Paying for Water in California: The Legal Framework

Brian Gray, Dean Misczynski, Ellen Hanak, Andrew Fahlund, Jay Lund, David Mitchell, and James Nachbaur
Over the past four decades, California voters passed a series of initiatives that
amended the California Constitution to limit the power of the state legislature and
local governments to enact taxes and restrict their authority to adopt fees and other
charges to fund government programs. Three of these initiatives—Proposition 13
(enacted in 1978), Proposition 218 (passed in 1996), and Proposition 26 (approved in
2010)—have placed significant constraints on the funding of water resources projects.
Although each of these laws has enhanced the transparency and accountability of the
decision-making process, the funding constraints now jeopardize an array of vital
water supply, management, and regulatory functions. These include funding for the
development of new water supplies, integrated water management, protection of
groundwater resources, development of alternative water sources (including recycled
and conserved water programs), control of stormwater discharges, and regulation of
water extraction and water use to protect water rights, water quality, aquatic species,
and other beneficial uses of the state’s water systems.
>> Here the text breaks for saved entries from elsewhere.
-- ===== src/Cbor/Tree/Size.antt =====
-- How long the encodings are: at least one byte for each item.
use hiya.Base.{ℕ, ◌+◌, ◌*◌, ◌≤◌, ◌<◌, ◌≡◌, List, [], ◌∷◌, ◌++◌, length, length-append, arith}
use hiya.Cbor.Head.{head, length-head, be}
use hiya.Cbor.Tree.{
  Tree, Trees, Pairs, float, double, nil, item, empty, pair, count_items, count_pairs, encode,
  encode_items, encode_pairs,
}

pub length-append_bytes : (xs ys : List ℕ) → length (xs ++ ys) ≡ length xs + length ys
length-append_bytes = length-append

pub ruleset sizes = (arith, length-append_bytes, length-head)

pub length-encode_pos : (t : Tree) → 1 ≤ length (encode t)
unfolding encode
length-encode_pos (float bits) = omega arith
length-encode_pos (double bits) = omega arith
length-encode_pos _ = omega sizes

pub count_items-le : (ts : Trees) → count_items ts ≤ length (encode_items ts)
unfolding encode_items
count_items-le nil = omega arith
count_items-le (item t ts) = omega (sizes, length-encode_pos t, count_items-le ts)

pub count_pairs-le : (ps : Pairs) → count_pairs ps * 2 ≤ length (encode_pairs ps)
unfolding encode_pairs
count_pairs-le empty = omega arith
count_pairs-le (pair k v ps) =
    omega (sizes, length-encode_pos k, length-encode_pos v, count_pairs-le ps)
This Article is a companion to the report Paying for Water in California and focuses
on the legal aspects of water financing. The Paying for Water study demonstrated the critical importance of local funding to support California’s water system: local
utilities and governments raise eighty-five percent of the more than thirty billion
dollars spent annually on water supply, quality, flood, and ecosystem management
through local fees and taxes. The study identified a two to three billion dollar annual
funding gap, with critical gaps already evident for provision of safe drinking water in
small, rural communities, prevention of stormwater pollution, protection of people,
property, and infrastructure from flooding, recovery efforts for aquatic ecosystems,
and integrated water management. In most cases, these gaps reflect legal obstacles to
raising more funds locally. In addition, urban water and wastewater systems—now in
relatively good fiscal health—face looming challenges related to rising costs and legal
constraints on the ability to raise fees to support modern, integrated water
management.
This Article begins with an overview of the traditional sources of funding for water
development, management, and regulation, and proceeds to a detailed analysis of the
effects of the constitutional constraints (especially of Propositions 218 and 26) on
these essential governmental programs. Topics include: (i) analysis of the effects of
Proposition 218 on water rates and fees charged by public retail water agencies for
water service and integrated, portfolio-based water management; (ii) consideration of
the special problems of Proposition 218 for groundwater regulation and stormwater
discharge programs; (iii) predictions about the effects of Proposition 26 on wholesale
water rates, water stewardship charges, and regulatory fees; and (iv) suggestions for
harmonizing the fiscal strictures of Propositions 218 and 26 with the reasonable use
mandates of Article X, Section 2, of the California Constitution, which form the
foundation of the state’s water law and policy.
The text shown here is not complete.